28. It seems to me that an appellate Court has no jurisdiction to order a subordinate Court which is legally not competent to try a suit, to hear it and dispose of it and that if it does actually order the subordinate Court to dispose of the case, it acts without jurisdiction and also acts illegally in the exercise of its jurisdiction. If therefore an order of this kind is passed it is open to be revised both under Clause (a) and Clause (c), Section 115, Civil P.C. Section 115 was applied by a Bench, of which I was a member, in a case which was somewhat similar in facts, namely, Khelari v. Har Prasad : AIR1930All434 , in which also the plaint had been returned by the Munsif for presentation to the revenue Court and the District Judge had set aside that order. We interfered in revision. In a somewhat similar case, Vuppuluri Atchayya v. Sir Kanchumarli Chandra Rao [1916] 39 Mad. 195 Wallis, C.J., came to the conclusion that the High Court could interfere under the third part of Section 115, whereas Sundara Ayyar, J., came to the conclusion that he could interfere under the first part, but a third Judge thought that none of the two parts of the section was applicable. It seems to me that in a case of this kind the order of the Judge amounts both to an assumption of jurisdiction which was not vested in him, namely to compel a Court not competent to try a case to hear it, as well as to acting illegally in directing that Court to dispose of the suit. The High Court therefore has power to interfere. It is not necessary to rely on the case of C. Ross Alston v. Pitamber Das [1903] 25 All. 509, in which Banerji, J., delivered a dissenting judgment. That case, to my mind, is of doubtful authority inasmuch as there is a clear distinction between a civil Court having no jurisdiction to try a suit and the plaintiff not having a cause of action or locus standi to maintain it. If in that case the Munsif had come to the conclusion that the plaintiff had no right to sue, the suit would have been dismissed on the merits and the plaint would not have been returned for presentation to another Court.

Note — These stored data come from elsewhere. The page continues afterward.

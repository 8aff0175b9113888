-- ===== src/CoreStore/Finish.antt =====
-- FinishRun of internal/corestore/runs.go: the terminal result of a Run, the session that it leaves
-- and the reply, in one transaction.
pub mod Reply
pub mod Repeat
use harness_security_gateway.Prelude.{
  ℕ, Bool, false, not, ◌&&◌, Option, none, some, ◌==◌, if◌then◌else◌,
}
use harness_security_gateway.Prelude.Bytes.{Bytes, beq, opt_beq, coalesce}
use harness_security_gateway.Prelude.Results.{Result, ok, ◌>>=◌, ◌>>◌, guard}
use harness_security_gateway.Prelude.Tables.{update_where}
use harness_security_gateway.CoreStore.Types.{
  Error, conflict, not_found, dispatch_lost, start_unprepared, invalid_transition, AdmissionOptions,
  Run, RunState, completed, failed, cancelled, interrupted, RunFailureCode, FinishRunInput,
  TextDeliveryInput, Session, Db, is_dispatching, is_terminal, is_active,
}
use harness_security_gateway.CoreStore.Validate.{
  Checked, is_empty, is_set, now_millis, validate_finish, validate_delivery,
}
use harness_security_gateway.CoreStore.Tables.{
  Tx, attempt, lapsed, has_id, find_run, or_error, scope_of, put_session,
}
use harness_security_gateway.CoreStore.Outbox.{insert_delivery}

-- The position of a code among the constants, by which codes are compared.
abbrev pub failure_index : RunFailureCode → ℕ
failure_index RunFailureCode.target_unavailable = 0
failure_index RunFailureCode.revision_mismatch = 1
failure_index RunFailureCode.invalid_session = 2
failure_index RunFailureCode.policy_denied = 3
failure_index RunFailureCode.deadline_exceeded = 4
failure_index RunFailureCode.output_limit = 5
failure_index RunFailureCode.runner_failed = 6
failure_index RunFailureCode.protocol_violation = 7
failure_index RunFailureCode.runtime_interrupted = 8
failure_index RunFailureCode.internal = 9
failure_index RunFailureCode.unsupported = 10

-- run.FailureCode != nil && *run.FailureCode == code, where a code that is none is the empty string.
abbrev pub same_code : Option RunFailureCode → Option RunFailureCode → Bool
same_code none _ = false
same_code (some a) none = false
same_code (some a) (some b) = failure_index a == failure_index b

-- sameOptionalString
abbrev pub same_optional : Option Bytes → Bytes → Bool
same_optional none supplied = is_empty supplied
same_optional (some stored) supplied = not (is_empty supplied) && beq stored supplied

-- sameFinish, for a Run and an input of one state; other pairs of states differ.
abbrev pub same_finish_in : RunState → RunState → Run → FinishRunInput → Bool
same_finish_in completed completed run input =
    opt_beq run.output_text input.output_text
    && not (is_set run.failure_code)
    && same_optional run.result_session_ref input.result_session_ref
same_finish_in failed failed run input =
    not (is_set run.output_text) && same_code run.failure_code input.failure_code
same_finish_in interrupted interrupted run input =
    not (is_set run.output_text) && same_code run.failure_code input.failure_code
same_finish_in cancelled cancelled run input =
    not (is_set run.output_text) && not (is_set run.failure_code)
same_finish_in _ _ run input = false

abbrev pub same_finish : Run → FinishRunInput → Bool
same_finish run input = same_finish_in run.state input.state run input

-- The columns that the UPDATE writes: an empty string is NULL.
abbrev pub optional : Bytes → Option Bytes
optional s = if is_empty s then none else some s

abbrev pub finished_output : FinishRunInput → Option Bytes
finished_output input = elim input.state [ completed ↦ some input.output_text | _ ↦ none ]

abbrev pub finish : FinishRunInput → ℕ → Run → Run
finish input now r = record r {
  state = input.state;
  dispatch_expires_at = none;
  output_text = finished_output input;
  failure_code = input.failure_code;
  result_session_ref = optional input.result_session_ref;
  updated_at = now;
}

abbrev pub result_session : Run → FinishRunInput → ℕ → Session
result_session run input now = record {
  key = scope_of run;
  ref = input.result_session_ref;
  updated_at = now;
}

-- The Run's own change, and the session that a newly finished Run leaves.
unfoldable pub finish_run_row : Run → FinishRunInput → ℕ → Db → Result Error Db
finish_run_row run input now db =
    if is_terminal run.state then (do guard (same_finish run input) conflict; ok db) else (do
      guard (is_active run.state) invalid_transition
      guard (not (is_dispatching run.state && lapsed now run.dispatch_expires_at)) dispatch_lost
      ok (record db {
        runs = update_where (has_id input.run_id) (finish input now) db.runs;
        sessions =
            if is_empty input.result_session_ref
            then db.sessions
            else put_session (result_session run input now) db.sessions;
      }))

abbrev pub validate_reply : Option TextDeliveryInput → Checked
validate_reply none = ok tt
validate_reply (some reply) = validate_delivery reply

unfoldable pub insert_reply :
    AdmissionOptions → Run → Option TextDeliveryInput → ℕ → Db → Result Error Db
unfolding insert_delivery
insert_reply options run none now db = ok db
insert_reply options run (some reply) now db = do
  deliveries ← insert_delivery options run reply now db
  ok (record db { deliveries = deliveries })

-- FinishRun
unfoldable pub finish_run :
    AdmissionOptions → ℕ → FinishRunInput → Option TextDeliveryInput → Db → Tx (Unit {0})
unfolding finish_run_row insert_reply
finish_run options clock input reply db =
    attempt (validate_finish input >> now_millis clock) db λ now.
      attempt (or_error not_found (find_run input.run_id db.runs)) db λ run.
        attempt (guard (beq (coalesce run.dispatch_token) input.dispatch_token) dispatch_lost) db
          λ _. attempt (guard run.start_prepared start_unprepared) db λ _.
            attempt (validate_reply reply) db λ _.
              attempt (finish_run_row run input now db) db λ finished.
                attempt (insert_reply options run reply now finished) db λ done. (ok tt, done)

29. The result therefore is that the mere fact that there was an appeal preferred to the District Judge did not cure the initial defect that the Munsif had no jurisdiction to entertain the suit and did not confer upon the Judge power to direct the Munsif to dispose of it; and therefore the High Court has power to set aside the order of the District Judge.

30. I would accordingly answer the first question in the negative and the second question in the affirmative.

Mukerji, J.

31. This is a reference to a Full Bench to decide two questions of law, namely:

(1) Whether Section 269, Tenancy Act, 1926, is applicable to a case if the appellate Court on a wrong view of the admissions contained in the plaint, sets aside an order returning the plaint and remands the case to the Munsif's Court for disposal although the suit was really not cognizable by that Court? (2) if Section 269 is inapplicable to such a case, whether the High Court can interfere with the order in revision

32. To answer this reference, we have to assume that the suit instituted in the Court of the Munsif was one not cognizable by a civil Court, according to the provisions of the Tenancy Act of 1926, and further that, in it, no appeal, if the case had been tried by a revenue Court, lay to the civil Court. The Munsif being of opinion that the suit was not cognizable by him directed that the plaint be returned to the plaintiff for presentation to the proper Court. The plaintiff was not satisfied with this order and he filed an appeal to the learned District Judge. The learned District Judge came to the conclusion that the suit was cognizable by the Munsif. Thereupon he set aside the order of the return of the plaint and directed the Munsif to take cognizance of the suit.

33. The defendant has come up in revision and the two questions that have been set forth for our decision have arisen.

34. First, it is urged that the fact that the District Judge took cognizance of the appeal cured the defect of jurisdiction, if there was any Secondly, the District Judge having taken cognizance of the case, no application in revision lay and this Court has no power to revise the order of the District Judge: see sub-S. (3), Section 269, Tenancy Act.

35. On both the points there is mass of conflicting case law and in view of the fact that my learned brother has noticed some of the cases, I do not propose to go into the case law a all. The object of this Bench is to settle the law once for all for this Court, and no useful purpose will be served by examining the conflict of opinion. It is clear that on both the points much can be said.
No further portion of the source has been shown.